The more they can engage with the bike properly, the more likely they are gonna stick to it. Onboarding ends up being way more important than people ever think it's going to be. So those ones that kind of identified that were all up growth and the commuters, and then yeah, just mostly growth to be honest with you.

We were timezone bug in Arizona. Sorry, Arizona. I don't care. I don't care about you. I don't care about Phoenix. I don't care.
>> [LAUGH]
>> So, deal with your time bug, wear a watch, I don't care you. Open API, I mean, this would probably be something that I put on my backlog and leave it there forever, LAUGH] just not the most important thing to me.

It is cool to create like an open source ecosystem that can drive adoption down the road, but not today. Open source library, unless I'm struggling to hire developers, I'm gonna say no, bottom. Implement cash, the confidence on this would be really low MRI score, and I would say that probably falls beneath the 50% threshold.

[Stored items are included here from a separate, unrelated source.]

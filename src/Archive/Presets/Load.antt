-- ===== src/Archive/Presets/Load.antt =====
-- Laws of loading the saved views of the archive list (lib/archive-view-presets.ts).
use mathlib.Core.Option.{some-injective}
use clip_to_doc_archive.Prelude.Int.{ℤ, pos}
use clip_to_doc_archive.Json.{Value, whole, num, str, arr, property, of_list, to_list, text_or}
use clip_to_doc_archive.Storage.{
  LocalStorage, nothing, parsed, thrown, read_json, read_json-write_json,
}
use clip_to_doc_archive.Text.Laws.{IsTrimmed, trim-IsTrimmed}
use clip_to_doc_archive.Text.Order.{text_ltb_asym, text_not-ltb_trans}
use clip_to_doc_archive.Sorting.{
  sort_by, IsOrdered, IsStrict, IsTotal, sort_by-IsOrdered, sort_by_of_IsStrict, All-sort_by,
}
use clip_to_doc_archive.Archive.Preferences.{Density, default, compact, density_text}
use clip_to_doc_archive.Archive.Preferences.Normalize.{
  IsValid, normalize_visible_columns-IsValid, normalize-columns_value,
}
use clip_to_doc_archive.Archive.Presets.{
  PresetPayload, ViewPreset, storage_key, integer_or_null, positive_or_50, compact_or_default,
  normalize_payload, payload_value, preset_value, newer_first, filled_text, option_or,
  normalize_preset, preset_of, normalize_rows, presets_of_reading, load_view_presets,
  save_view_presets, integer_value,
}
use clip_to_doc_archive.Prelude.{
  subst, ℕ, zero, suc, ◌≡◌, refl, ap, ◌∙◌, inl, inr, true, false, Option, none, some, List, [], ◌∷◌,
  map, arith, if◌then◌else◌, Bool-cases, Option-cases, nat_eq, list_eq, is_empty, All,
}
use clip_to_doc_archive.Text.{Text, codes, trim}

-- A whole number from 1 on.
abbrev pub IsPositive : ℤ → Type 0
IsPositive (pos (suc n)) = Unit
IsPositive _ = ⊥

pub record IsNormal (p : ViewPreset) : Type 0 where
  pub identified : is_empty p.id ≡ false
  pub trimmed : IsTrimmed p.name
  pub named : is_empty p.name ≡ false
  pub created : is_empty p.created_at ≡ false
  pub updated : is_empty p.updated_at ≡ false
  pub paged : IsPositive p.payload.page_size
  pub columns : IsValid p.payload.visible_columns

integer-integer_value : (o : Option ℤ) → integer_or_null (some (integer_value o)) ≡ o
integer-integer_value none = refl
integer-integer_value (some n) = refl

positive_of_IsPositive : (n : ℤ) → IsPositive n → positive_or_50 (some (num (whole n))) ≡ n
positive_of_IsPositive (pos zero) h = absurd h
positive_of_IsPositive (pos (suc n)) h = refl
positive_of_IsPositive n h = absurd h

compact-density_text : (d : Density) → compact_or_default (some (str (density_text d))) ≡ d
compact-density_text default = refl
compact-density_text compact = refl

pub normalize-payload_value :
    (q : PresetPayload)
    → IsPositive q.page_size
    → IsValid q.visible_columns
    → normalize_payload (payload_value q) ≡ q
unfolding normalize_payload
normalize-payload_value q h v = λ i. record {
  category_filter = q.category_filter;
  year_filter = integer-integer_value q.year_filter i;
  month_filter = integer-integer_value q.month_filter i;
  review_status = q.review_status;
  search_query = q.search_query;
  sort_by = q.sort_by;
  sort_order = q.sort_order;
  page_size = positive_of_IsPositive q.page_size h i;
  density = compact-density_text q.density i;
  visible_columns = normalize-columns_value q.visible_columns v i;
}

filled_text_of_filled : (s : Text) → is_empty s ≡ false → filled_text (some (str s)) ≡ some s
filled_text_of_filled [] h = cc
filled_text_of_filled (c ∷ s) h = refl

preset_of-preset_value :
    (now id : Text) (p : ViewPreset) → IsNormal p → preset_of now id (preset_value p) ≡ p
unfolding preset_of
preset_of-preset_value now id p n = λ i. record {
  id = option_or id (filled_text_of_filled p.id n.identified i);
  name = n.trimmed i;
  payload = normalize-payload_value p.payload n.paged n.columns i;
  created_at = option_or now (filled_text_of_filled p.created_at n.created i);
  updated_at =
      option_or (option_or now (filled_text_of_filled p.created_at n.created i))
        (filled_text_of_filled p.updated_at n.updated i);
}

normalize-preset_value :
    (now id : Text) (p : ViewPreset)
    → IsNormal p
    → normalize_preset now id (preset_value p) ≡ some p
unfolding normalize_preset
normalize-preset_value now id p n =
    ap (λ name. if is_empty name then none else some (preset_of now id (preset_value p))) n.trimmed
    ∙ rw n.named (ap some (preset_of-preset_value now id p n))

normalize_rows-preset_value :
    (now ids : ℕ → Text) (n : ℕ) (ps : List ViewPreset)
    → All IsNormal ps
    → normalize_rows now ids n (to_list (of_list (map preset_value ps))) ≡ ps
unfolding normalize_rows
normalize_rows-preset_value now ids n [] h = refl
normalize_rows-preset_value now ids n (p ∷ ps) h =
    rw (normalize-preset_value (now n) (ids n) p h.0, normalize_rows)
      (ap (◌∷◌ p) (normalize_rows-preset_value now ids (suc n) ps h.1))

-- Views in normal form that stand strictly newest first are loaded as they were saved, where the
-- storage can be read and written.
pub load-save_view_presets :
    (now ids : ℕ → Text) (ps : List ViewPreset) (s : LocalStorage)
    → All IsNormal ps
    → IsStrict newer_first ps
    → s.readable ≡ true
    → s.writable ≡ true
    → load_view_presets now ids (save_view_presets ps (some s)) ≡ ps
unfolding load_view_presets save_view_presets
load-save_view_presets now ids ps s h strict r w =
    ap (presets_of_reading now ids)
      (read_json-write_json storage_key storage_key (arr (of_list (map preset_value ps))) s r w)
    ∙ ap (sort_by newer_first) (normalize_rows-preset_value now ids 0 ps h)
    ∙ sort_by_of_IsStrict newer_first ps strict

newer_first-IsTotal : IsTotal newer_first
newer_first-IsTotal = record {
  chain = λ a b c h k. ground (arith, text_not-ltb_trans a.updated_at b.updated_at c.updated_at);
  either = λ a b h. ground (arith, text_ltb_asym a.updated_at b.updated_at);
}

positive_or_50-IsPositive : (o : Option Value) → IsPositive (positive_or_50 o)
positive_or_50-IsPositive (some (num (whole (pos (suc n))))) = tt
positive_or_50-IsPositive _ = tt

option_or-filled :
    (d : Text) (o : Option Value)
    → is_empty d ≡ false
    → is_empty (option_or d (filled_text o)) ≡ false
option_or-filled d (some (str [])) h = h
option_or-filled d (some (str (c ∷ s))) h = refl
option_or-filled d _ h = h

normalize_preset-IsNormal :
    (now id : Text) (v : Value) (p : ViewPreset)
    → is_empty now ≡ false
    → is_empty id ≡ false
    → normalize_preset now id v ≡ some p
    → IsNormal p
unfolding normalize_preset
normalize_preset-IsNormal now id v p h k e =
    elim (Bool-cases (is_empty (trim (text_or [] (property v (codes "name")))))) [
      | inl blank ↦ cc (rw blank at e)
      | inr named ↦ subst IsNormal (some-injective _ p (rw named at e)) (
          unfold preset_of normalize_payload in
          record {
            identified = option_or-filled id (property v (codes "id")) k;
            trimmed = trim-IsTrimmed (text_or [] (property v (codes "name")));
            named = named;
            created = option_or-filled now (property v (codes "created_at")) h;
            updated =
                option_or-filled _ (property v (codes "updated_at"))
                  (option_or-filled now (property v (codes "created_at")) h);
            paged = positive_or_50-IsPositive _;
            columns = normalize_visible_columns-IsValid _;
          })
    ]

normalize_rows-IsNormal :
    (now ids : ℕ → Text) (n : ℕ) (vs : List Value)
    → ((k : ℕ) → (is_empty (now k) ≡ false) × (is_empty (ids k) ≡ false))
    → All IsNormal (normalize_rows now ids n vs)
unfolding normalize_rows
normalize_rows-IsNormal now ids n [] h = tt
normalize_rows-IsNormal now ids n (v ∷ vs) h =
    elim (Option-cases (normalize_preset (now n) (ids n) v)) [
      | inl none' ↦ rw (none', normalize_rows) (normalize_rows-IsNormal now ids (suc n) vs h)
      | inr (p, made) ↦
          rw (made, normalize_rows)
            (
              normalize_preset-IsNormal (now n) (ids n) v p (h n).0 (h n).1 made,
              normalize_rows-IsNormal now ids (suc n) vs h,
            )
    ]

-- Whatever the storage holds, the views that are loaded are in normal form and stand newest first,
-- where the clock and the new identifiers give texts that are not empty.
load_view_presets-IsNormal :
    (now ids : ℕ → Text) (storage : Option LocalStorage)
    → ((k : ℕ) → (is_empty (now k) ≡ false) × (is_empty (ids k) ≡ false))
    → All IsNormal (load_view_presets now ids storage)
      × IsOrdered newer_first (load_view_presets now ids storage)
unfolding load_view_presets
load_view_presets-IsNormal now ids none h = (tt, tt)
load_view_presets-IsNormal now ids (some s) h =
    elim (read_json storage_key s)
      as (λ r.
        All IsNormal (presets_of_reading now ids r)
        × IsOrdered newer_first (presets_of_reading now ids r)) [
          | nothing ↦ (tt, tt)
          | parsed v ↦ rows v
          | thrown ↦ (tt, tt)
        ]
  where
    rows :
        (v : Value)
        → All IsNormal (presets_of_reading now ids (parsed v))
          × IsOrdered newer_first (presets_of_reading now ids (parsed v))
    rows (arr items) = (
      All-sort_by newer_first IsNormal _ (normalize_rows-IsNormal now ids 0 (to_list items) h),
      sort_by-IsOrdered newer_first newer_first-IsTotal _,
    )
    rows _ = (tt, tt)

So I might just either delete the ticket or ask the engineer to come back with a more concrete proposal or with better numbers. Special racing mode, way below the cut line. This one probably would be right near my cut line, might even be my cut line thing. It's gonna serve your power users.

But there's enough non power users that are gonna like, I wanna track my statistics and share it with my friend that there's kind of some growth mechanism and social myths built into that. For example, I know Peloton supports Strava and that's actually been more successful than they expect with it.

So, I might lean in a little bit more into that, but that would be a cool one to put, here's my cut line and someone could say, actually Strava's a good idea, maybe we'll give you two more engineers to work on that, yeah.
>> Curiosity question really, I very much agree with your Ranking of take on the higher friction items that would help general users leave the platform.

But say the Strava, we know that that's maybe a really good driver of new users or something or like we see the peloton had a surprise success with it. How would you factor in those external data points into, you've discussed a little bit with where to move it on the cut line, but is there something definitive that would move that item up or down?

>> Yeah, so this would be a perfect place for customer research. Go talk to a lot of your existing customers. Go talk to people that are in your target demographic that don't own your bike and say, where are you with Strava? And I would probably talk specifically to some Strava usersl like, hey you're on Strava would this help you get onto my bike platform if you we had this.

I'm gonna imagine just my intuition of having done this stuff a bunch of time, a bunch of them we're gonna say, I track it on my phone anyway, so I don't care, right? There's gonna be some demographic of people who's like, if this doesn't have Strava, I'm gonna burn your company to the ground, right?

And so, in the interest of human life, you might wanna support it. But, this would be one that I would strongly follow. It's probably an eventually do and it's probably not a soon due. And maybe one of your engineers have a hack where we could do it or something like that.

But certainly, it would be customer research, would be my answer to your question there. I mean, it's the same thing here with special. I know we said deprioritize racing here. But maybe some users would be super into racing. There's a bunch of people that buy Porsches for track mode and don't even know where their closest track is, right?

So you might be surprised by some of these answers, right? Some of the things that drive adoption that you wouldn't expect, right?